━━━━━ Material to process ━━━━━

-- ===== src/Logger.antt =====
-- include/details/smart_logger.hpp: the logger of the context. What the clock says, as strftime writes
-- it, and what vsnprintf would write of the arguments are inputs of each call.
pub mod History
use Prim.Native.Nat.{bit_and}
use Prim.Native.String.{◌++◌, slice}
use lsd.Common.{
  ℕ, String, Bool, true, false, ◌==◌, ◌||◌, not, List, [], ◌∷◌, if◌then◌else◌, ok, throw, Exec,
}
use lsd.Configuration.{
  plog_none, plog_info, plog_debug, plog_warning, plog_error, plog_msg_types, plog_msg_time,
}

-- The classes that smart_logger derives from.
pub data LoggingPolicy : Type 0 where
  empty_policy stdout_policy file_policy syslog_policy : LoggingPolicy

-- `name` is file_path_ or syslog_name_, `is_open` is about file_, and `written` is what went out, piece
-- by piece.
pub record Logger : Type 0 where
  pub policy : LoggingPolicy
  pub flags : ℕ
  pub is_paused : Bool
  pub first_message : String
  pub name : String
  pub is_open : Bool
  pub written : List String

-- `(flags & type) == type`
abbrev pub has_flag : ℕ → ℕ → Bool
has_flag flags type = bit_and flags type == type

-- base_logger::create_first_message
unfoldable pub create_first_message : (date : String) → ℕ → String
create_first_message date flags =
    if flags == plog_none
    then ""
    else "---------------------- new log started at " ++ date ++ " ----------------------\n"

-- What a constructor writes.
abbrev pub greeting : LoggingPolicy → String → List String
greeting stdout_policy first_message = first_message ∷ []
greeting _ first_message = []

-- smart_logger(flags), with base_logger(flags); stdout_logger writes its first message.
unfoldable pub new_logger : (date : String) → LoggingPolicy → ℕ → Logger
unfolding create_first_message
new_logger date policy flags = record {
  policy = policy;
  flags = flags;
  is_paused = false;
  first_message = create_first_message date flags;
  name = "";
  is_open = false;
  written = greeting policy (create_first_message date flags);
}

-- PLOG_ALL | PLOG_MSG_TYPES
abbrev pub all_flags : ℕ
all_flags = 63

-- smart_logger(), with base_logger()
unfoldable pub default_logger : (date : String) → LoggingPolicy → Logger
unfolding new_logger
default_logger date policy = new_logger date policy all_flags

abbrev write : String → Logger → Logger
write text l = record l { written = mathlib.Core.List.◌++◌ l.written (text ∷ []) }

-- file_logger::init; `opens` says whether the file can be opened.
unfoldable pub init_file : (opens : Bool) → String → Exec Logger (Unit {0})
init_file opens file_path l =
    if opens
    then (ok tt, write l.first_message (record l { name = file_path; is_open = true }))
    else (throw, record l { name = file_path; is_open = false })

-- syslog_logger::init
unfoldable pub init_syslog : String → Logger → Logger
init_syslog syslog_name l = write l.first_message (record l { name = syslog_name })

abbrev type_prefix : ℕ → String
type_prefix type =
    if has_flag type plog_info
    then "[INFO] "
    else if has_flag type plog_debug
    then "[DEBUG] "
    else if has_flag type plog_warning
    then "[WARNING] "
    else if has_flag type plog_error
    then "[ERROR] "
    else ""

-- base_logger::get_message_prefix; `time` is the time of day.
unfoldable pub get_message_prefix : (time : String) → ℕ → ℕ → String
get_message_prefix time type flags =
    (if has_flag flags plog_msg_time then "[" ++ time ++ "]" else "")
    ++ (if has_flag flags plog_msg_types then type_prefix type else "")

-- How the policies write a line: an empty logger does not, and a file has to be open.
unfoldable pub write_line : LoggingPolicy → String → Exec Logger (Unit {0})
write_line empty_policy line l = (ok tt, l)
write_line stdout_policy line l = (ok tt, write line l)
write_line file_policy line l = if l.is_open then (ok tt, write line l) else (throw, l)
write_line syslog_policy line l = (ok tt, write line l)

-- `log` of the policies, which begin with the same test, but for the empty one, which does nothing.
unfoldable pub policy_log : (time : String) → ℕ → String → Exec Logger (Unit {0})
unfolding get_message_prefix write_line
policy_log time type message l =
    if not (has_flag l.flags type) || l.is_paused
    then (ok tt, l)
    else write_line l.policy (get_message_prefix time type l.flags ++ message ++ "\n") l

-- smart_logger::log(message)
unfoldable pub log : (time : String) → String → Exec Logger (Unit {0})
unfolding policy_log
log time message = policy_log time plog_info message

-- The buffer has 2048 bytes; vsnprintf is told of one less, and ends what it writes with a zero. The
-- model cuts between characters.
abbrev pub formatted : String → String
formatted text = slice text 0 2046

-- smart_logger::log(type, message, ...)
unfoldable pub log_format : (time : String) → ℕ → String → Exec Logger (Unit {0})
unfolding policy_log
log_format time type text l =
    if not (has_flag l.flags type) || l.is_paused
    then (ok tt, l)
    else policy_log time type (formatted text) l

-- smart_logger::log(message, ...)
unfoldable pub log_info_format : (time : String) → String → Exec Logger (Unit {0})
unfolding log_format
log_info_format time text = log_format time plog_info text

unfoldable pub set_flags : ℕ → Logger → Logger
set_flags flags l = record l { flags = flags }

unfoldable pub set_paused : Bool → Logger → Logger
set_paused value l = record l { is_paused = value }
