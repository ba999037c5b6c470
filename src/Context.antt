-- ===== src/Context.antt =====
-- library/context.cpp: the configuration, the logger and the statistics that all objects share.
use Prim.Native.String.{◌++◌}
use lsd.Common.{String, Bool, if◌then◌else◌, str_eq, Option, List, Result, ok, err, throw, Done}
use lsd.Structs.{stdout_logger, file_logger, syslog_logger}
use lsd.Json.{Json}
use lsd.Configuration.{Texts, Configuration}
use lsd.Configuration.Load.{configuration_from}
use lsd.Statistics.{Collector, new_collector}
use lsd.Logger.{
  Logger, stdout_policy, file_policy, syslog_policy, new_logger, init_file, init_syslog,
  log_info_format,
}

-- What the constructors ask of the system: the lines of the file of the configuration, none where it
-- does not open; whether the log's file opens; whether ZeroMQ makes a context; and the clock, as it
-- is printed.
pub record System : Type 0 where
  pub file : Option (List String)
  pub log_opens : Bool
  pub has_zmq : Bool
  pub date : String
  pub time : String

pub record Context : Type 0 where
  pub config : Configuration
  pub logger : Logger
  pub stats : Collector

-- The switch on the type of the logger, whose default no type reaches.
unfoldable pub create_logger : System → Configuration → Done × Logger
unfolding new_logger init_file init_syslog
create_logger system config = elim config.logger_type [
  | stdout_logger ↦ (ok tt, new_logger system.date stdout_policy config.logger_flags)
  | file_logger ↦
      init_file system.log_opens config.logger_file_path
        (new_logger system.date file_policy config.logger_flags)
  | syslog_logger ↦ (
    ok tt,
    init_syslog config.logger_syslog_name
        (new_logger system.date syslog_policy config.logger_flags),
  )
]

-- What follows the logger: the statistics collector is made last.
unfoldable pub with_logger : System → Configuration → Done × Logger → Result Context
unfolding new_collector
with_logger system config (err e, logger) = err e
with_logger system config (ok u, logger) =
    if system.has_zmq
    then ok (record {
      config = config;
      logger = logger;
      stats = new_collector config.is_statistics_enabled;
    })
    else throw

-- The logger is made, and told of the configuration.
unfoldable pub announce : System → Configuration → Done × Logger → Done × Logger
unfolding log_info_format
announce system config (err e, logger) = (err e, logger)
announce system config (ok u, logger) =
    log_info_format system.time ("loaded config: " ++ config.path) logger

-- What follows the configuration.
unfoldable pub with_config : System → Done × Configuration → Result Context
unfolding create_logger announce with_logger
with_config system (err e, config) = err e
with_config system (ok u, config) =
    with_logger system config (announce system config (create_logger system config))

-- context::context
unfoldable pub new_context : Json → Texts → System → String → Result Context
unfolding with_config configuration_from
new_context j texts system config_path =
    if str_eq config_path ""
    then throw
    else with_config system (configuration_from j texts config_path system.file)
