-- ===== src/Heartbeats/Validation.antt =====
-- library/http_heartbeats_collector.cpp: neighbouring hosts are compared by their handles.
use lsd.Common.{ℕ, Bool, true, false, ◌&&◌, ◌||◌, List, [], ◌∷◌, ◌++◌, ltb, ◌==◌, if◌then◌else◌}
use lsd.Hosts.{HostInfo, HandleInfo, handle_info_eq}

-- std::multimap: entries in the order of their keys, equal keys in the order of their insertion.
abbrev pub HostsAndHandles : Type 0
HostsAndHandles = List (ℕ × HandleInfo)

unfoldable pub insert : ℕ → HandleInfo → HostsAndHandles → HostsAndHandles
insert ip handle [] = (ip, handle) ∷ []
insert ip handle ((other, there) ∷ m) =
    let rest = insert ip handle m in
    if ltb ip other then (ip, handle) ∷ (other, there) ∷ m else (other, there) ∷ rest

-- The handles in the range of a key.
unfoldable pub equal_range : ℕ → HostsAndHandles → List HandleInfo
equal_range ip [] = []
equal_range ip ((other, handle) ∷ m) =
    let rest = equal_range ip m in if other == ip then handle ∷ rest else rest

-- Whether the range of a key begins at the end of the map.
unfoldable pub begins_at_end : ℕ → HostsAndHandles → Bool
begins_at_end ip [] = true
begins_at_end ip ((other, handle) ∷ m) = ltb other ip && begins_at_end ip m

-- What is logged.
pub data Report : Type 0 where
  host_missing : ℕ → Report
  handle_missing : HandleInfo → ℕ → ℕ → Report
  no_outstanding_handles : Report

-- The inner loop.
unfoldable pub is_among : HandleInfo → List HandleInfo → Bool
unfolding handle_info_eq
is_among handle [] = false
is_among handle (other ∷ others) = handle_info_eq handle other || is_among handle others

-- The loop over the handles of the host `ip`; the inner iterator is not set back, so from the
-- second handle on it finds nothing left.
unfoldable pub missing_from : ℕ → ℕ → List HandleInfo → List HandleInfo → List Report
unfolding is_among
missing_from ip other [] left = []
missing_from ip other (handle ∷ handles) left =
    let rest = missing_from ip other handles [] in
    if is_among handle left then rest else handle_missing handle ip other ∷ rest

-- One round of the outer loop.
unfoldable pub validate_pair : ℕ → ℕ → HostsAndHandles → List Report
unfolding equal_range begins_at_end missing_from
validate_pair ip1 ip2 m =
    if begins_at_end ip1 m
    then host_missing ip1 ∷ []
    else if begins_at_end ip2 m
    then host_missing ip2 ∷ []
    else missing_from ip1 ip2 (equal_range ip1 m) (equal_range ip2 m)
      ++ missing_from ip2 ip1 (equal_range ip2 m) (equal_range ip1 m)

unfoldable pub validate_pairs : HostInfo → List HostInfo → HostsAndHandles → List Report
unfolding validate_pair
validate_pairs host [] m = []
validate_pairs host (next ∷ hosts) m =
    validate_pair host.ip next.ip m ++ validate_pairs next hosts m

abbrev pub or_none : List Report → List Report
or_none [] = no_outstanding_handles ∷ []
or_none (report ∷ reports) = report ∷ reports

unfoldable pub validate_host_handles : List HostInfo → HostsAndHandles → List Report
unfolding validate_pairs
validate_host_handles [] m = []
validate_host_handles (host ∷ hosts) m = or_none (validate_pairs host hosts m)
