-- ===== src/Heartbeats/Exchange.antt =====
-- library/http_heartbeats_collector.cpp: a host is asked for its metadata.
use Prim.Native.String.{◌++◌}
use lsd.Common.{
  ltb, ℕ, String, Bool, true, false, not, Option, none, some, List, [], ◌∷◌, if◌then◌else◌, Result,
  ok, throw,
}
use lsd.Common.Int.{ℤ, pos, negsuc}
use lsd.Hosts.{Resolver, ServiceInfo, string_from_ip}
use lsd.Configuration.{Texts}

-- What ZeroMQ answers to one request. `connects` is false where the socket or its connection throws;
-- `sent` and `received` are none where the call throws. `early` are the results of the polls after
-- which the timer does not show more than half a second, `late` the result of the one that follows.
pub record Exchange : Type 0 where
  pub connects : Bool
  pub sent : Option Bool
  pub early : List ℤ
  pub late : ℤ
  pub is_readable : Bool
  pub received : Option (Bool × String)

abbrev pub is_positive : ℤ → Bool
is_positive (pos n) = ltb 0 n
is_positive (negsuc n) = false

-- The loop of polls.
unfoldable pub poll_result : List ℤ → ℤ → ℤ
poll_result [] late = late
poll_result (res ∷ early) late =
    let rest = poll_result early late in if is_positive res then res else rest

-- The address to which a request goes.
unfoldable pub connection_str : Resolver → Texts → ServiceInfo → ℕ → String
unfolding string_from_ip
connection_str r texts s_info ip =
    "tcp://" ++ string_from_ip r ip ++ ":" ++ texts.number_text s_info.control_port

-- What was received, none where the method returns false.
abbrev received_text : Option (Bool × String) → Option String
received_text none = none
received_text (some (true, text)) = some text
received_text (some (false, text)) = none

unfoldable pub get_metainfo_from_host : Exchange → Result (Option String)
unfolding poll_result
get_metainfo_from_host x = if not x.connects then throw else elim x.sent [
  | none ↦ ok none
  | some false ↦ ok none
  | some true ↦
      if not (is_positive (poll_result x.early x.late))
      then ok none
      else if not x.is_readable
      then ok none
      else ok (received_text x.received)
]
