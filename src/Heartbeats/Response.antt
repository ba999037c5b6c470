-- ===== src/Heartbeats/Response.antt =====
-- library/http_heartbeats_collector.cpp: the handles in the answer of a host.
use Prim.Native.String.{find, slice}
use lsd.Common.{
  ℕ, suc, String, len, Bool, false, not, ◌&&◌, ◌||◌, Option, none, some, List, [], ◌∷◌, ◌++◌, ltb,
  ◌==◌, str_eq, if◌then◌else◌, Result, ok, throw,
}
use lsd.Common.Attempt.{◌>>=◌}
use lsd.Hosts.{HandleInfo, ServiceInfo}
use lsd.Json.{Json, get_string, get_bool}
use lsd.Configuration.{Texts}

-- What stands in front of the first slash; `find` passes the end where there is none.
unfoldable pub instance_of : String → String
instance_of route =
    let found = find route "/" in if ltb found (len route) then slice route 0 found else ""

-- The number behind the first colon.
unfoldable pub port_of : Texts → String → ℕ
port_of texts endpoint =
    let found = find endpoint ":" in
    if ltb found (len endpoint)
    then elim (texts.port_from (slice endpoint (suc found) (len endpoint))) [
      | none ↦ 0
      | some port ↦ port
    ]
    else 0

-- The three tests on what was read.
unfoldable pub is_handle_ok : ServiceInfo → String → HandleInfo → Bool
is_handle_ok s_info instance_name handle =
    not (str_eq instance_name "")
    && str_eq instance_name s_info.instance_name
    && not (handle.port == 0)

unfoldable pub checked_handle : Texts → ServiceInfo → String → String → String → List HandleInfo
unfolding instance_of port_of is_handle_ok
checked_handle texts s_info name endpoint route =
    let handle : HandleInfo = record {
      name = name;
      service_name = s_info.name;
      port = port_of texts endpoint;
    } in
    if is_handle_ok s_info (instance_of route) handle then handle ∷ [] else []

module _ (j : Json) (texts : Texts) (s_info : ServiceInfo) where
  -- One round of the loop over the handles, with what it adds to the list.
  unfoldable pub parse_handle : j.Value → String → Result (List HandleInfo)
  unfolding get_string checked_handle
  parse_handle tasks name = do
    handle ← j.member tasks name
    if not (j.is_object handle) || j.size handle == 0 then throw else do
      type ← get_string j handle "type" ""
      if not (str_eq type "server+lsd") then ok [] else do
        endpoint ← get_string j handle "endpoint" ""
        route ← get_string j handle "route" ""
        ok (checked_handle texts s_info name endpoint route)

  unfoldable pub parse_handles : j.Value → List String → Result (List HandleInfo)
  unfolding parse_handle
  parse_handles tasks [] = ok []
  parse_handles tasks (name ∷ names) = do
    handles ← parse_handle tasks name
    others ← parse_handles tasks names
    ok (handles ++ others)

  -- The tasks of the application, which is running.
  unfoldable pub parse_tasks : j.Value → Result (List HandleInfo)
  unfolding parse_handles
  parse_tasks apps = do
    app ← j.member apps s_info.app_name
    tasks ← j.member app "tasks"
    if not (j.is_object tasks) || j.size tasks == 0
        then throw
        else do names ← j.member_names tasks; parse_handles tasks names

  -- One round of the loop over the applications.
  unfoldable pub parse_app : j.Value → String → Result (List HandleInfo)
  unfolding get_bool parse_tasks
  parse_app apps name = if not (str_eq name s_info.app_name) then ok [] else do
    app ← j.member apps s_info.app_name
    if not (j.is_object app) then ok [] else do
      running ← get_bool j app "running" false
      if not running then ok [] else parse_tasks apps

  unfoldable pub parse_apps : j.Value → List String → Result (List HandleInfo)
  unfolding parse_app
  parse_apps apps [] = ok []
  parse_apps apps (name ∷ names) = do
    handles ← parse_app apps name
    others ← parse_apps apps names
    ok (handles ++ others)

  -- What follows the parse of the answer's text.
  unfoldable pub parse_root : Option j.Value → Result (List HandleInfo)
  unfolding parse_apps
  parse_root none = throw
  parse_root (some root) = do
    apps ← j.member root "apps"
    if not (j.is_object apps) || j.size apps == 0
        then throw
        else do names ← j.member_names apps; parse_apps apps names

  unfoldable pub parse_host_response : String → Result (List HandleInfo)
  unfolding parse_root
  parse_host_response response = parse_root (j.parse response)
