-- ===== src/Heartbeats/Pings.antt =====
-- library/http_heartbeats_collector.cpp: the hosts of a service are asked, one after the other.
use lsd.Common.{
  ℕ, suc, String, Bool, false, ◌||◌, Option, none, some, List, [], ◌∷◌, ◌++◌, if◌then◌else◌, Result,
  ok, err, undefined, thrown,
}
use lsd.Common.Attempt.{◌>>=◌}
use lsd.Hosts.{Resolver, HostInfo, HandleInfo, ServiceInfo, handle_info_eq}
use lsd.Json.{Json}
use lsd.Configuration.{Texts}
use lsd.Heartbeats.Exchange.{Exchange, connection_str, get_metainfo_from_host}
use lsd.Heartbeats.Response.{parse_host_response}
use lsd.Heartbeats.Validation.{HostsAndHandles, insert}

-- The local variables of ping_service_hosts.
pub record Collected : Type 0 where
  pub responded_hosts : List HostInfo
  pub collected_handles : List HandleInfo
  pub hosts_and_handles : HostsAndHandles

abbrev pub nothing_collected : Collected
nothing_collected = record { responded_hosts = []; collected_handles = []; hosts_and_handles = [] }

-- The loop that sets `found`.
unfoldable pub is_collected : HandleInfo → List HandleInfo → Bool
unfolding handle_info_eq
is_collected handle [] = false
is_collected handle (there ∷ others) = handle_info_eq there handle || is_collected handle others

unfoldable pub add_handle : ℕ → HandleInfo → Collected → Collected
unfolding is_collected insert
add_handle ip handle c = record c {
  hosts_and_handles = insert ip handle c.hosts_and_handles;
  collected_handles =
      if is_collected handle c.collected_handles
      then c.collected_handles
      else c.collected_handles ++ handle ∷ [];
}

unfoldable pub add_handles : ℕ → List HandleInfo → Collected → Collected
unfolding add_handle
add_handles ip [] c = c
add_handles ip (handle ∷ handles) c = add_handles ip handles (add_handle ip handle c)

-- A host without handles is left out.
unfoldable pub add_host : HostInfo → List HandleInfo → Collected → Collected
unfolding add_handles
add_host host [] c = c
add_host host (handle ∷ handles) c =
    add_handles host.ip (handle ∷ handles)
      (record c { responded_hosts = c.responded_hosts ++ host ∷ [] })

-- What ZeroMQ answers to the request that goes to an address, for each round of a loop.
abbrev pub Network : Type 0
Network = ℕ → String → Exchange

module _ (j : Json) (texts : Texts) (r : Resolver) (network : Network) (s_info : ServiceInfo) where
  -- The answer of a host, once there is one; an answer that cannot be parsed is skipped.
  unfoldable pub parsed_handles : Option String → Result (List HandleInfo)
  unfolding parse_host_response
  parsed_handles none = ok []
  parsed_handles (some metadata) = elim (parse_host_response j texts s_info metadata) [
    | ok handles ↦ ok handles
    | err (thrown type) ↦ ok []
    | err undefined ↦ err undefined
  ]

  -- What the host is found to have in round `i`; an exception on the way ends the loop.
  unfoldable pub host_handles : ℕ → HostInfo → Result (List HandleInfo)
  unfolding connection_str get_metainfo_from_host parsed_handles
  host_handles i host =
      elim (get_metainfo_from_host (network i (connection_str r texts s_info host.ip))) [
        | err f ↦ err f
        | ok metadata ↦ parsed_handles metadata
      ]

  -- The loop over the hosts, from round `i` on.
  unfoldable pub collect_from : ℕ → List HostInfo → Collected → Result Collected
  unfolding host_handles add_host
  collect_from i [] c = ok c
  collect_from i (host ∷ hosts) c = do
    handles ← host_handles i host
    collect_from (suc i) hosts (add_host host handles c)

━━━━━

> Assignment:
Beginning at the top of the data, extract each line through the line containing "unfolding create_first_message" and return those lines exactly, with nothing added.

> Answer for the task:
-- ===== src/Logger.antt =====
-- include/details/smart_logger.hpp: the logger of the context. What the clock says, as strftime writes
-- it, and what vsnprintf would write of the arguments are inputs of each call.
pub mod History
use Prim.Native.Nat.{bit_and}
use Prim.Native.String.{◌++◌, slice}
use lsd.Common.{
  ℕ, String, Bool, true, false, ◌==◌, ◌||◌, not, List, [], ◌∷◌, if◌then◌else◌, ok, throw, Exec,
}
use lsd.Configuration.{
  plog_none, plog_info, plog_debug, plog_warning, plog_error, plog_msg_types, plog_msg_time,
}

-- The classes that smart_logger derives from.
pub data LoggingPolicy : Type 0 where
  empty_policy stdout_policy file_policy syslog_policy : LoggingPolicy

-- `name` is file_path_ or syslog_name_, `is_open` is about file_, and `written` is what went out, piece
-- by piece.
pub record Logger : Type 0 where
  pub policy : LoggingPolicy
  pub flags : ℕ
  pub is_paused : Bool
  pub first_message : String
  pub name : String
  pub is_open : Bool
  pub written : List String

-- `(flags & type) == type`
abbrev pub has_flag : ℕ → ℕ → Bool
has_flag flags type = bit_and flags type == type

-- base_logger::create_first_message
unfoldable pub create_first_message : (date : String) → ℕ → String
create_first_message date flags =
    if flags == plog_none
    then ""
    else "---------------------- new log started at " ++ date ++ " ----------------------\n"

-- What a constructor writes.
abbrev pub greeting : LoggingPolicy → String → List String
greeting stdout_policy first_message = first_message ∷ []
greeting _ first_message = []

-- smart_logger(flags), with base_logger(flags); stdout_logger writes its first message.
unfoldable pub new_logger : (date : String) → LoggingPolicy → ℕ → Logger
unfolding create_first_message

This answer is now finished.